- _Records to use_
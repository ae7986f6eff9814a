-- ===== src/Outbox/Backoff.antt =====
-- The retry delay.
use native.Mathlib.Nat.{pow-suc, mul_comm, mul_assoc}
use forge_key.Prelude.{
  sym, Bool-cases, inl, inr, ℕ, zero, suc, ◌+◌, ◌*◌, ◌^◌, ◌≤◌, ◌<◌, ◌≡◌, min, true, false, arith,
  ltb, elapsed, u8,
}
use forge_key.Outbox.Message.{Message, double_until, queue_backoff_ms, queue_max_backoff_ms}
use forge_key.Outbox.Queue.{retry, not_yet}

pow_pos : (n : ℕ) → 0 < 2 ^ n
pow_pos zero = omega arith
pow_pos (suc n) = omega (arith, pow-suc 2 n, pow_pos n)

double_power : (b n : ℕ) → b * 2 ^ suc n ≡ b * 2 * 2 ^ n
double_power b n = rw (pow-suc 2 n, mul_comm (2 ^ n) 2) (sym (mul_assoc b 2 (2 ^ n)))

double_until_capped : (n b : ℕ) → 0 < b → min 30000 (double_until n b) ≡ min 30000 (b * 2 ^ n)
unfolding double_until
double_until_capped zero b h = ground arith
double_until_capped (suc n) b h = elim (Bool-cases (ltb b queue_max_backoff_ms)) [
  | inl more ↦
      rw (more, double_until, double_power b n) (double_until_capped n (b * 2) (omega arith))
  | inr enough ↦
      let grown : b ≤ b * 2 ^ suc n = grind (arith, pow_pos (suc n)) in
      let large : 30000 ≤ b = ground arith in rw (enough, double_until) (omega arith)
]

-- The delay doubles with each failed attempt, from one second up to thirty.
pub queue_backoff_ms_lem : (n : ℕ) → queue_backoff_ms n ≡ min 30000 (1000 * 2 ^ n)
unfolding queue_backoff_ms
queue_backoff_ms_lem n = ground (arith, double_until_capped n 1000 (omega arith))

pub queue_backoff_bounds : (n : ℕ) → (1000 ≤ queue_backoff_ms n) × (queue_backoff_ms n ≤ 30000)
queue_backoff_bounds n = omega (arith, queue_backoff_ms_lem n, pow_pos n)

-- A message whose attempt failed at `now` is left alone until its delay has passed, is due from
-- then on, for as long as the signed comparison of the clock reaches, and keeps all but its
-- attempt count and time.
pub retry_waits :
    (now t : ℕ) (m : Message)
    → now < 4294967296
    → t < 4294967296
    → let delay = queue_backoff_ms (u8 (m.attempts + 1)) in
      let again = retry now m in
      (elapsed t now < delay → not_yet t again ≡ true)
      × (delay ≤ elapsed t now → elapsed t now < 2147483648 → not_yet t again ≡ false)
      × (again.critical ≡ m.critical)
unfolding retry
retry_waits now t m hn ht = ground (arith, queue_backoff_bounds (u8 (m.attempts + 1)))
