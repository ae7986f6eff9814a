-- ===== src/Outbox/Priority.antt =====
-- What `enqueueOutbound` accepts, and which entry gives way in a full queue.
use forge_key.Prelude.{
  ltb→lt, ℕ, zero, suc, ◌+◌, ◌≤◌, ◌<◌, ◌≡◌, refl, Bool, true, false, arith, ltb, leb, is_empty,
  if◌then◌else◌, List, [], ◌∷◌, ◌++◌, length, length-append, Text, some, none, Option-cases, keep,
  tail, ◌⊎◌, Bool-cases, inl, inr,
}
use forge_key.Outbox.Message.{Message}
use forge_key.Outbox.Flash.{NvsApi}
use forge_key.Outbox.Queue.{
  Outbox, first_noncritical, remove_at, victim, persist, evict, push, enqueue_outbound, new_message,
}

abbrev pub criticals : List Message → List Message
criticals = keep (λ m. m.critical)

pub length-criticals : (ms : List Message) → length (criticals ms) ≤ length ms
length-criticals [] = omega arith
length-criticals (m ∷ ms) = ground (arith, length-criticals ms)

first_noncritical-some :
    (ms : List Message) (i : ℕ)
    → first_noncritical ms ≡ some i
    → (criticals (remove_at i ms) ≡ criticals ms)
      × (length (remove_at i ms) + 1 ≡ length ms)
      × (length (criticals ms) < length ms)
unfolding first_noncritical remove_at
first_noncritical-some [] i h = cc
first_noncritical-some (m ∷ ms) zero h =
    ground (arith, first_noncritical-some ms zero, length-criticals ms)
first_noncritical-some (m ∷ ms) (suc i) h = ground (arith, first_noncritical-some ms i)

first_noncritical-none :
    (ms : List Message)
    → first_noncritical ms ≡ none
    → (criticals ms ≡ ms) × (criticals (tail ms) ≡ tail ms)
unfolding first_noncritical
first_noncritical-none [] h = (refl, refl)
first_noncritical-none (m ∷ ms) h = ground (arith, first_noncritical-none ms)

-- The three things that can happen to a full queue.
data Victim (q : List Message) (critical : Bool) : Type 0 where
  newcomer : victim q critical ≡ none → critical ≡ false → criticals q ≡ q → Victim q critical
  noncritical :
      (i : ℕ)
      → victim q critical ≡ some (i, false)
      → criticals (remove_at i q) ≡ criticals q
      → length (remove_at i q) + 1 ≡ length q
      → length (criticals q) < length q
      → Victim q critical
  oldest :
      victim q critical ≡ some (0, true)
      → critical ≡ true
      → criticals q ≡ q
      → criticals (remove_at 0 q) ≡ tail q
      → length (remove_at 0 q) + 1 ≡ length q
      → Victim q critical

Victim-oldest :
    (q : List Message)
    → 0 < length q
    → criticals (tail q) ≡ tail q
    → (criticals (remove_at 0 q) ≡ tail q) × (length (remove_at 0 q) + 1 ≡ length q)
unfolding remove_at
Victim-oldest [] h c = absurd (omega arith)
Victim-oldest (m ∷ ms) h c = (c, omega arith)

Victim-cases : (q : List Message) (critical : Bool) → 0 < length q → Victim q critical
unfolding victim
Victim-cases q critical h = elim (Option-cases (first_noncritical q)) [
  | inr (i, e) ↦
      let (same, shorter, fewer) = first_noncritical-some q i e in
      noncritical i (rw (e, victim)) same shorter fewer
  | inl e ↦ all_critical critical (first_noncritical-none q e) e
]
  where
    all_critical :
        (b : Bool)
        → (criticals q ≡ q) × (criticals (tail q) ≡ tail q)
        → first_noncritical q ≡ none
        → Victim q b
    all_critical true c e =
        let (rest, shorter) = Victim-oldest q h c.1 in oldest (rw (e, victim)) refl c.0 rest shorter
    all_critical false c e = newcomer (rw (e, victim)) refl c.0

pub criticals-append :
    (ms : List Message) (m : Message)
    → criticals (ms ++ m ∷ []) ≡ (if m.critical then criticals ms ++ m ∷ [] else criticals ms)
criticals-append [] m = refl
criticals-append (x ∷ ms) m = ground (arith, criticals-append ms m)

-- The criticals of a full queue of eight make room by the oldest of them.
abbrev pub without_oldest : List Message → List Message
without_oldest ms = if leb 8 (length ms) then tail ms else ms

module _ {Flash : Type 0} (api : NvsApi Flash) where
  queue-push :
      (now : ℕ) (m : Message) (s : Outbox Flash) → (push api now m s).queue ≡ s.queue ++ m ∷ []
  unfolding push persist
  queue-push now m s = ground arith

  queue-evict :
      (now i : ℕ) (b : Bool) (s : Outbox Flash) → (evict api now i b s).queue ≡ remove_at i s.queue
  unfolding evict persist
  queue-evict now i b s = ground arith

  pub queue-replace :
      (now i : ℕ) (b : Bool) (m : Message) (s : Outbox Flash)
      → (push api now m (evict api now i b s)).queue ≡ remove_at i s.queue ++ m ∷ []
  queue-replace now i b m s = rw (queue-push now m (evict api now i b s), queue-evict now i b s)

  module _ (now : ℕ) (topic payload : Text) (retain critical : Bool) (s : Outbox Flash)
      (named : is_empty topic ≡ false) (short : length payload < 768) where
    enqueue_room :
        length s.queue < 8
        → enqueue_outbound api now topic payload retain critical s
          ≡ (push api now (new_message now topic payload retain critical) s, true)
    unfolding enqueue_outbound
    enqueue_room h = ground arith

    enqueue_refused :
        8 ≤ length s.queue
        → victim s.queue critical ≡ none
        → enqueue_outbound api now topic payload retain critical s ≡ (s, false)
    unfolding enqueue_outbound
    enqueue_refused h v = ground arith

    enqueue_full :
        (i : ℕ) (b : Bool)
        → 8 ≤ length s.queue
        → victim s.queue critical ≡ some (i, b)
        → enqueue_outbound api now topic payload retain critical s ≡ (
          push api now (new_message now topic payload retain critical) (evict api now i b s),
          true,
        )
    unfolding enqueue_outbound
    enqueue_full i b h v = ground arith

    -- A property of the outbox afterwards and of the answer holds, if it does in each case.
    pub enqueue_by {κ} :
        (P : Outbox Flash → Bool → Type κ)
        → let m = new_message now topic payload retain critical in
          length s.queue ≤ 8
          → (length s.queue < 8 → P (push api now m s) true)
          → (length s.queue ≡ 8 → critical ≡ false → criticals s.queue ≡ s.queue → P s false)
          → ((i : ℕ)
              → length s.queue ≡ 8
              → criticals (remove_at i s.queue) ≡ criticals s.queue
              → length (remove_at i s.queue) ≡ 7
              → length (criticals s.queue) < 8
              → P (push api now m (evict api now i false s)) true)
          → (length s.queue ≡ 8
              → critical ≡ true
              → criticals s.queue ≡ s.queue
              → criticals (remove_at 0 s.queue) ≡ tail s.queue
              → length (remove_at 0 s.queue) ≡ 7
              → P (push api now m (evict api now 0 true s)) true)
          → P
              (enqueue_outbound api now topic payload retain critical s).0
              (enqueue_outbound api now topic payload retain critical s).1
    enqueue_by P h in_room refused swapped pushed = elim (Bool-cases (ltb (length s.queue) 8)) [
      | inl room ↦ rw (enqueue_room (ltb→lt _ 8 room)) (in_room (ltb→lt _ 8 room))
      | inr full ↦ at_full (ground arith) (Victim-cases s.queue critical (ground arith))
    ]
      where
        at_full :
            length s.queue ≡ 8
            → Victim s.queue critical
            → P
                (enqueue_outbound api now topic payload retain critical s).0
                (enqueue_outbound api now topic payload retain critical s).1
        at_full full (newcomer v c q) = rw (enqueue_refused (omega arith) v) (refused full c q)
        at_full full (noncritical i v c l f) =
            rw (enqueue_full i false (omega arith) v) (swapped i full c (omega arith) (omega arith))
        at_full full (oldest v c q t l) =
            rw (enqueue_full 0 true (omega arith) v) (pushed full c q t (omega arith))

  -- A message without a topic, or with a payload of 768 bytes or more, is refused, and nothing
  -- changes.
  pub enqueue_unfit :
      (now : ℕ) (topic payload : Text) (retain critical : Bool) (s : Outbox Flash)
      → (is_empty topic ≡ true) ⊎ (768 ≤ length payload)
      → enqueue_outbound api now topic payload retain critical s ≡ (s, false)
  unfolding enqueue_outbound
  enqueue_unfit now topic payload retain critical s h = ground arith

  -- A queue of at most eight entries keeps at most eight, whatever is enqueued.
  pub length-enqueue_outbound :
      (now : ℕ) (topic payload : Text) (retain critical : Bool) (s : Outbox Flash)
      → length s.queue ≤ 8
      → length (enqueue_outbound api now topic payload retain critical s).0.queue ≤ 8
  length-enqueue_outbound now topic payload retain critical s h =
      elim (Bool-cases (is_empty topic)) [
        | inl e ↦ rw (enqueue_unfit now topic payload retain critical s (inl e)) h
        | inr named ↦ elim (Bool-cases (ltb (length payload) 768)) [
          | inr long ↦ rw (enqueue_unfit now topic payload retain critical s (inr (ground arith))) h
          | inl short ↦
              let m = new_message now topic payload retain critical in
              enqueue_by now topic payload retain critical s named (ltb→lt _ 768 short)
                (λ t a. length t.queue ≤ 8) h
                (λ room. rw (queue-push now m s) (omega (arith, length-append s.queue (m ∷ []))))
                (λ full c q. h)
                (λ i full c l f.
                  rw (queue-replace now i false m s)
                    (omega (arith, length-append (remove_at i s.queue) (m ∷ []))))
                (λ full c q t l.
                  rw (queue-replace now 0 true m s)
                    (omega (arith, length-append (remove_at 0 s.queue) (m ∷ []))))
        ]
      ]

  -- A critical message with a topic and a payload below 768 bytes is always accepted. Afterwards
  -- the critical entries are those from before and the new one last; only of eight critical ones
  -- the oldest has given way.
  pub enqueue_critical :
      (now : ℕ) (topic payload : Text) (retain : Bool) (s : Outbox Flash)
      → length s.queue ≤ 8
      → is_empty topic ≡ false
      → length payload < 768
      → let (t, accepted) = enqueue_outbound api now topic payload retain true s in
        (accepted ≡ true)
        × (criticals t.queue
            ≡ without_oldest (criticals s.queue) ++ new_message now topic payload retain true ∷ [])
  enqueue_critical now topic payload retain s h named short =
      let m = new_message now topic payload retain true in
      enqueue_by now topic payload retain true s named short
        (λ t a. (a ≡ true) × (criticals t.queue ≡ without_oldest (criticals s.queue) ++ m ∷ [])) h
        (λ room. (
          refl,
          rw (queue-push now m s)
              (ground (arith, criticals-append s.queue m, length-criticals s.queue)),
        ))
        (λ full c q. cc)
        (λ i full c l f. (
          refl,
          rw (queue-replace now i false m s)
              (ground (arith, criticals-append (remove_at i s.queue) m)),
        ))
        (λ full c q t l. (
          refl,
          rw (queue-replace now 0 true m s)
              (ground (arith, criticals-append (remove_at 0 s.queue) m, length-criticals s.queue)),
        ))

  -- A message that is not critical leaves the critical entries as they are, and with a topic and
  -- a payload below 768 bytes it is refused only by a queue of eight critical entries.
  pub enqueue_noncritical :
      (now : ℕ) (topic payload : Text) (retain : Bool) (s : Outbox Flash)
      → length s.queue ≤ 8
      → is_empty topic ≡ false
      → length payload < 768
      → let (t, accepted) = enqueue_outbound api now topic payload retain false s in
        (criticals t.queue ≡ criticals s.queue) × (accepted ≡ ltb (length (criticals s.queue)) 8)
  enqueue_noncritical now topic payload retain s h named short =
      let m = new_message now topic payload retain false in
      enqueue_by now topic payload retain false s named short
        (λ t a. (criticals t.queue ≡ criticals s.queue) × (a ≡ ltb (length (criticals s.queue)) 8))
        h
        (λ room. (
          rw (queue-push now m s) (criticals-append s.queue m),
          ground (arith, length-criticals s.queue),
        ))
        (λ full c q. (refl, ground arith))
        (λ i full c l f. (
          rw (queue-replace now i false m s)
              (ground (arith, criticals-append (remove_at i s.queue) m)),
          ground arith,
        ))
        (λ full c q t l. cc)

- _Try it_
Lines from the first one above through the line containing "-- A message whose" are to be retyped exactly, both included, and nothing more.

- _Task response_
repository ae7986f6eff9814a
-- ===== src/Outbox/Backoff.antt =====
-- The retry delay.
use native.Mathlib.Nat.{pow-suc, mul_comm, mul_assoc}
use forge_key.Prelude.{
  sym, Bool-cases, inl, inr, ℕ, zero, suc, ◌+◌, ◌*◌, ◌^◌, ◌≤◌, ◌<◌, ◌≡◌, min, true, false, arith,
  ltb, elapsed, u8,
}
use forge_key.Outbox.Message.{Message, double_until, queue_backoff_ms, queue_max_backoff_ms}
use forge_key.Outbox.Queue.{retry, not_yet}

pow_pos : (n : ℕ) → 0 < 2 ^ n
pow_pos zero = omega arith
pow_pos (suc n) = omega (arith, pow-suc 2 n, pow_pos n)

double_power : (b n : ℕ) → b * 2 ^ suc n ≡ b * 2 * 2 ^ n
double_power b n = rw (pow-suc 2 n, mul_comm (2 ^ n) 2) (sym (mul_assoc b 2 (2 ^ n)))

double_until_capped : (n b : ℕ) → 0 < b → min 30000 (double_until n b) ≡ min 30000 (b * 2 ^ n)
unfolding double_until
double_until_capped zero b h = ground arith
double_until_capped (suc n) b h = elim (Bool-cases (ltb b queue_max_backoff_ms)) [
  | inl more ↦
      rw (more, double_until, double_power b n) (double_until_capped n (b * 2) (omega arith))
  | inr enough ↦
      let grown : b ≤ b * 2 ^ suc n = grind (arith, pow_pos (suc n)) in
      let large : 30000 ≤ b = ground arith in rw (enough, double_until) (omega arith)
]

-- The delay doubles with each failed attempt, from one second up to thirty.
pub queue_backoff_ms_lem : (n : ℕ) → queue_backoff_ms n ≡ min 30000 (1000 * 2 ^ n)
unfolding queue_backoff_ms
queue_backoff_ms_lem n = ground (arith, double_until_capped n 1000 (omega arith))

pub queue_backoff_bounds : (n : ℕ) → (1000 ≤ queue_backoff_ms n) × (queue_backoff_ms n ≤ 30000)
queue_backoff_bounds n = omega (arith, queue_backoff_ms_lem n, pow_pos n)

-- A message whose attempt failed at `now` is left alone until its delay has passed, is due from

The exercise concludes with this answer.